On Thu, 18 Apr 2002, Tom Lane wrote:
> Stephan Szabo <sszabo@megazone23.bigpanda.com> writes:
> > Didn't someone (Peter?) say that the mandated firing order was based on
> > creation order/time in SQL99?
>
> It does say that:
>
> The order of execution of a set of triggers is ascending by value
> of their timestamp of creation in their descriptors, such that the
> oldest trigger executes first. If one or more triggers have the
> same timestamp value, then their relative order of execution is
> implementation-defined.
>
> However, this strikes me as fairly brain-dead; it's unnecessarily hard
> to control the order of trigger execution. You have to drop and
> recreate triggers if you want to insert a new one at a desired position.

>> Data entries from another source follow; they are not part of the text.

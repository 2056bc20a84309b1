-- ===== src/Memory/Copies/Lists.antt =====
-- Slices and maps of what can be copied.
use cluster_api_provider_cce.Prelude.{ℕ, ◌≤◌, List, [], ◌∷◌, length, arith}
use cluster_api_provider_cce.Memory.Copies.{
  Agree, Grows, Grows-refl, Grows-trans, Grows-from, Copied, copy_all,
}

module _ {X A V : Type 0} (K : Copied X A V) where
  abbrev pub Lists : ℕ → List X → List A → List V → Type 0
  Lists l h [] [] = Unit {0}
  Lists l h (a ∷ al) (v ∷ vl) = K.Reads l h a v × Lists l h al vl
  Lists l h [] (v ∷ vl) = ⊥
  Lists l h (a ∷ al) [] = ⊥

  pub Lists-mono :
      (l m : ℕ) (h : List X) (al : List A) (vl : List V) → m ≤ l → Lists l h al vl → Lists m h al vl
  Lists-mono l m h [] [] q r = tt
  Lists-mono l m h (a ∷ al) (v ∷ vl) q (r, rs) =
      (K.Reads-mono l m h a v q r, Lists-mono l m h al vl q rs)
  Lists-mono l m h [] (v ∷ vl) q r = absurd r
  Lists-mono l m h (a ∷ al) [] q r = absurd r

  pub Lists-frame :
      (l : ℕ) (h k : List X) (al : List A) (vl : List V)
      → Agree l h k
      → Lists l h al vl
      → Lists l k al vl
  Lists-frame l h k [] [] g r = tt
  Lists-frame l h k (a ∷ al) (v ∷ vl) g (r, rs) =
      (K.Reads-frame l h k a v g r, Lists-frame l h k al vl g rs)
  Lists-frame l h k [] (v ∷ vl) g r = absurd r
  Lists-frame l h k (a ∷ al) [] g r = absurd r

  pub copy_all-Grows : (al : List A) (h : List X) → Grows h (copy_all K.copy al h).1
  unfolding copy_all
  copy_all-Grows [] h = Grows-refl h
  copy_all-Grows (a ∷ al) h =
      Grows-trans h (K.copy a h).1 _ (K.copy-Grows a h) (copy_all-Grows al (K.copy a h).1)

  pub copy_all-Lists :
      (l : ℕ) (h : List X) (al : List A) (vl : List V)
      → Lists l h al vl
      → Lists (length h) (copy_all K.copy al h).1 (copy_all K.copy al h).0 vl
  unfolding copy_all
  copy_all-Lists l h [] [] r = tt
  copy_all-Lists l h (a ∷ al) (v ∷ vl) (r, rs) =
      let k = (K.copy a h).1 in
      let (g, n) = K.copy-Grows a h in
      let kept = Lists-frame l h k al vl (λ p x q e. g p x (omega arith) e) rs in
      let copied = copy_all-Lists l k al vl kept in
      let grown = copy_all-Grows al k in
      (
        K.Reads-frame (length h) k _ _ v (Grows-from (length h) k _ grown) (K.copy-Reads l h a v r),
        Lists-mono (length k) (length h) _ _ vl n copied,
      )
  copy_all-Lists l h [] (v ∷ vl) r = absurd r
  copy_all-Lists l h (a ∷ al) [] r = absurd r

  abbrev pub list : Copied X (List A) (List V)
  list = record {
    Reads = Lists;
    copy = copy_all K.copy;
    Reads-mono = Lists-mono;
    Reads-frame = Lists-frame;
    copy-Grows = copy_all-Grows;
    copy-Reads = copy_all-Lists;
  }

> Worse, if you create several triggers in the same transaction, they'll
> have the same timestamp --- leaving you right back in the
> implementation-defined case. But if you want to make your rearrangement
> atomically with respect to other transactions, you have little choice
> but to drop/recreate in one xact. Looks like a catch-22 to me.
>
> ISTM we had discussed this before and concluded that name order was
> a more reasonable definition. Nobody had got round to doing anything
> about it though. (Indeed my current hack was not intended to provide
> a predictable firing order, it just fell out that way...)
I agree that name is better, I wasn't sure if we'd reached a consensus on
it or if the conversation drifted away due to the fact that noone was
looking at it at the time.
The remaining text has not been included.